Data for the task: Begin

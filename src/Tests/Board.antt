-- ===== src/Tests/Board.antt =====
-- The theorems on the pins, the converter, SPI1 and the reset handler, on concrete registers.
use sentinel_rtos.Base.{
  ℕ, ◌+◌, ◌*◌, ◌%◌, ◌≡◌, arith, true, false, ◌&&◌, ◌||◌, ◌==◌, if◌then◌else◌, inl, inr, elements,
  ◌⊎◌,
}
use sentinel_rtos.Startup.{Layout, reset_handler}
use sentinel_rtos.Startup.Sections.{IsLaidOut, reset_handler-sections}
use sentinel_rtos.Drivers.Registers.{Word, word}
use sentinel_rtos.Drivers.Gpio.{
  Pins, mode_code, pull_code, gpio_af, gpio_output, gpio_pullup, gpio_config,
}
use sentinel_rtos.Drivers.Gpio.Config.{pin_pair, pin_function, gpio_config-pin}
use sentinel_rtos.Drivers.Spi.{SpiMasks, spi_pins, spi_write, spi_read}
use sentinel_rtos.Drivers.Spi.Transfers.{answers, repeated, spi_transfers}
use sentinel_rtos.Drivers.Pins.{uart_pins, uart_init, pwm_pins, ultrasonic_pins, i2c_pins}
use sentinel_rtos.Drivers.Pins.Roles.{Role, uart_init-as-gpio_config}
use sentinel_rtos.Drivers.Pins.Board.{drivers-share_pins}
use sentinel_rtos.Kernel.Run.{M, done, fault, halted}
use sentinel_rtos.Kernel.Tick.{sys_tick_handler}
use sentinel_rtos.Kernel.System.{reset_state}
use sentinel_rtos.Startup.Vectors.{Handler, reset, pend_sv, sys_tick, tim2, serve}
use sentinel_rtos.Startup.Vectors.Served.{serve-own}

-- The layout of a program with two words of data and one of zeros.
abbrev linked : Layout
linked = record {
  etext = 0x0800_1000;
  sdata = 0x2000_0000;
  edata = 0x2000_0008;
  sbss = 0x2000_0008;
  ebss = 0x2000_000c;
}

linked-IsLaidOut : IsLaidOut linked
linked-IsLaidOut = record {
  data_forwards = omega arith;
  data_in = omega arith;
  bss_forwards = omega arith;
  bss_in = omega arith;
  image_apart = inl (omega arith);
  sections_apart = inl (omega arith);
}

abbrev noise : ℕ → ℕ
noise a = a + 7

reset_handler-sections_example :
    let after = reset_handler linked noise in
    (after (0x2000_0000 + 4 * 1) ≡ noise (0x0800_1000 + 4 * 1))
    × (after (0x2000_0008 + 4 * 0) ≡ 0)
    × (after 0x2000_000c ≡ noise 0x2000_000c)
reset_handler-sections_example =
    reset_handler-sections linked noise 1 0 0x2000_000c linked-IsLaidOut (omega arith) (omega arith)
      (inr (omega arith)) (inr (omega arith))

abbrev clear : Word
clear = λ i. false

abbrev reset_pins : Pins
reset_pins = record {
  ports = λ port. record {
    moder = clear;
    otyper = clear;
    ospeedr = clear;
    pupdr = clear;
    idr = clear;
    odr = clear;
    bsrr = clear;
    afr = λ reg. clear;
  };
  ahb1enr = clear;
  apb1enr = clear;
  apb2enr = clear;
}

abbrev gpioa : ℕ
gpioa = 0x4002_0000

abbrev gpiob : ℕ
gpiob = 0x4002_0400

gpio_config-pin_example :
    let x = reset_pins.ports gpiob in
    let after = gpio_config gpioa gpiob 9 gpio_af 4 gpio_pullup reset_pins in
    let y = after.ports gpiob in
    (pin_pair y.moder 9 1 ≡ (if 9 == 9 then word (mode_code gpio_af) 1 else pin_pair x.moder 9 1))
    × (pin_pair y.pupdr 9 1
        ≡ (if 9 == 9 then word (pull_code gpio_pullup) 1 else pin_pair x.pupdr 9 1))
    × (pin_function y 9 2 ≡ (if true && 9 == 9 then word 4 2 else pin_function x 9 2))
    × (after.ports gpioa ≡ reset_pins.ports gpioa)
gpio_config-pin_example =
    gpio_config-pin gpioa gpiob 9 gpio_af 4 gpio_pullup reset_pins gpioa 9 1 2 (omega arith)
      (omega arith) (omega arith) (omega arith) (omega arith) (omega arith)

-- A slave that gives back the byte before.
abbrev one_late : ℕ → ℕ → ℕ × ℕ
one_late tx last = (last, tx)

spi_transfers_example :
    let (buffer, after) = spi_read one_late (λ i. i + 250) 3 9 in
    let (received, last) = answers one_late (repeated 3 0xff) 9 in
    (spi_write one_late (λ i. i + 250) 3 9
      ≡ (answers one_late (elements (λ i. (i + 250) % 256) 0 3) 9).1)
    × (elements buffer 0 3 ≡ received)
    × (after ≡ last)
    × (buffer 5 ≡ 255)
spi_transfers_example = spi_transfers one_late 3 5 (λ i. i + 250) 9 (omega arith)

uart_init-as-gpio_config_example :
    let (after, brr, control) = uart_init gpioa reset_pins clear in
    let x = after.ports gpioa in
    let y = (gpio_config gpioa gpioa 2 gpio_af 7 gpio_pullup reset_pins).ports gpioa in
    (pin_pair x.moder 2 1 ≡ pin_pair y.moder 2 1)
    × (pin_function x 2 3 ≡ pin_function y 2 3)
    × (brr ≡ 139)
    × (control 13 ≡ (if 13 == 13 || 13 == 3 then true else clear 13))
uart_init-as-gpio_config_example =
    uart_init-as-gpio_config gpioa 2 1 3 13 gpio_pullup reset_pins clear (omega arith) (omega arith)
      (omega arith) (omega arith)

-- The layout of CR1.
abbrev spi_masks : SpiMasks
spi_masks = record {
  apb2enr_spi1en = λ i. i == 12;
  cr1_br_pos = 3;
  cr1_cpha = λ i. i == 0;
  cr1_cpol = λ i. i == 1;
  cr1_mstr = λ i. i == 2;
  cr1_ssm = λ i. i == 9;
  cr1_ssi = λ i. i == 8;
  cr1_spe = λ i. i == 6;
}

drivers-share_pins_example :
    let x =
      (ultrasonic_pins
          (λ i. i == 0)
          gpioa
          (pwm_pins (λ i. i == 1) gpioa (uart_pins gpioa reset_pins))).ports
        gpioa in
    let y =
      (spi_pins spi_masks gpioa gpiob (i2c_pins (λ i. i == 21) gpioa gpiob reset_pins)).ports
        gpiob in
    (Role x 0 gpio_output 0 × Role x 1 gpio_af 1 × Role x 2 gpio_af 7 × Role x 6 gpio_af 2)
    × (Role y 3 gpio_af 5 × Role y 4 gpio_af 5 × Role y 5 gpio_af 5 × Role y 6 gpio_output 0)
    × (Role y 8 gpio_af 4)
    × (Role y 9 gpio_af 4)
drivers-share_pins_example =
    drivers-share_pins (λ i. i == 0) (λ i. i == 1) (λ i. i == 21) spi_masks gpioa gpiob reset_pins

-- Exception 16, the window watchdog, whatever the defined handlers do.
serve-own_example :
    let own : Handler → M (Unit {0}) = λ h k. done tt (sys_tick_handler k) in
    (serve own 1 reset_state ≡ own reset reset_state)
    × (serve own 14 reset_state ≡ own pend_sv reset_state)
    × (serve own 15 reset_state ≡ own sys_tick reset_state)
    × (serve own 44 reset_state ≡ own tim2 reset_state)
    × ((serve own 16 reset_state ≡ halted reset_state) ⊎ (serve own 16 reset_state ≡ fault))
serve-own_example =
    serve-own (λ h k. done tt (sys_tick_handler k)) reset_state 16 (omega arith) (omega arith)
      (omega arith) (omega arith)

Data for the task: End
Data for the task: Begin

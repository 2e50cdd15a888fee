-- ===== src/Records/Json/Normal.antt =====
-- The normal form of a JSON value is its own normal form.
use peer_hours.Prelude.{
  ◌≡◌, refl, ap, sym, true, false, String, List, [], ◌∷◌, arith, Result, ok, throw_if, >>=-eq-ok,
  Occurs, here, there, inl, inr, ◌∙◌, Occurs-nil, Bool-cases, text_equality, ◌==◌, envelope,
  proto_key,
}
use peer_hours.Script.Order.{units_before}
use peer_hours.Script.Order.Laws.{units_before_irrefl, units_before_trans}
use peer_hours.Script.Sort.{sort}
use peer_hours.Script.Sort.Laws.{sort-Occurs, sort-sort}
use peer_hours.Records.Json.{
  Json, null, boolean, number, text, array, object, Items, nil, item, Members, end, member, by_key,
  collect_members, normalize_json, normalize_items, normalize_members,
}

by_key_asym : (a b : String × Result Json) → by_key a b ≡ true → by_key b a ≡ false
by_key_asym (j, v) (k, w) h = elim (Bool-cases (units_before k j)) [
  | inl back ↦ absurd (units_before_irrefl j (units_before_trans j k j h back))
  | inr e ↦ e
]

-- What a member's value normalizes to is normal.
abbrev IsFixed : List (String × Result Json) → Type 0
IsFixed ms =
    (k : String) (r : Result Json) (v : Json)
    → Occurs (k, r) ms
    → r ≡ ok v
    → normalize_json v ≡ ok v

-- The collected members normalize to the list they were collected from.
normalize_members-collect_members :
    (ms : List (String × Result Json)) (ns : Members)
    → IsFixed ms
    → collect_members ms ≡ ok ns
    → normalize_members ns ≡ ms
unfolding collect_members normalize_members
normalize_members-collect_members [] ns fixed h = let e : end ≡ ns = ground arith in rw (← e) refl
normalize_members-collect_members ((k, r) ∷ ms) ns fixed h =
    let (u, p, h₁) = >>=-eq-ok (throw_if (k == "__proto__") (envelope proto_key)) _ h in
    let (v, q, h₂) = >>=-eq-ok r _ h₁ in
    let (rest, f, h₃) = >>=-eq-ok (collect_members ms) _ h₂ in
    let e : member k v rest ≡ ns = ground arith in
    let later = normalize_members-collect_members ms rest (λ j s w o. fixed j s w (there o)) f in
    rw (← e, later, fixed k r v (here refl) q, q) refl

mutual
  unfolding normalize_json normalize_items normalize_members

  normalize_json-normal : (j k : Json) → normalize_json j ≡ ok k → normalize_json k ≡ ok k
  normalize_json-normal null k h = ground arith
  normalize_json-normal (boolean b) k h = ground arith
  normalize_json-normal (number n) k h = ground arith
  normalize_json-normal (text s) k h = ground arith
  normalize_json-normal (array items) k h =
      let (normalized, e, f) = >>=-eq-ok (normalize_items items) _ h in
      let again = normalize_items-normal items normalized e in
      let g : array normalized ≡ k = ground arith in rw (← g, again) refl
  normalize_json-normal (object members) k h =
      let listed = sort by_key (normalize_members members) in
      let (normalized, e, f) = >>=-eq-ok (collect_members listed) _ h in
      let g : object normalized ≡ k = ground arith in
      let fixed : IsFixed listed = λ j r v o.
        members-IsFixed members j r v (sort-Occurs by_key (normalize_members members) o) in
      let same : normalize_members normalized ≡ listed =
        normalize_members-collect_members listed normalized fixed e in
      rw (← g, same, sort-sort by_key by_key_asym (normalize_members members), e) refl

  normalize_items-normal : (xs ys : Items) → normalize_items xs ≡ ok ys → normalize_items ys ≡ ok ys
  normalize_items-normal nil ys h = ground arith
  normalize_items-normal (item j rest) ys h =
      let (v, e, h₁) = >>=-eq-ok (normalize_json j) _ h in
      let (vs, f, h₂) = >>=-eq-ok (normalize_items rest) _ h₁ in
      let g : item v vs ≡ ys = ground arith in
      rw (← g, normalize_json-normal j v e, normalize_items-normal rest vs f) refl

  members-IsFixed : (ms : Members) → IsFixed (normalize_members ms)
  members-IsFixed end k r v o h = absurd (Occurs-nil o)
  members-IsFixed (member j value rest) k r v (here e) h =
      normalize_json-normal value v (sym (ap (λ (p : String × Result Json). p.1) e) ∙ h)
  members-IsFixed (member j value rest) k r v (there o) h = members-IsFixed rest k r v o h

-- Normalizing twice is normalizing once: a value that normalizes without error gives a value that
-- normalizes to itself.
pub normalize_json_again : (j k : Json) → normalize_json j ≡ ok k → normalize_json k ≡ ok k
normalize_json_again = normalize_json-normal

Data for the task: End

▶ [Work required]: Scan the data above and copy each line containing the word "Records".

▶ [Solution to the problem]:
-- ===== src/Records/Json/Normal.antt =====
use peer_hours.Records.Json.{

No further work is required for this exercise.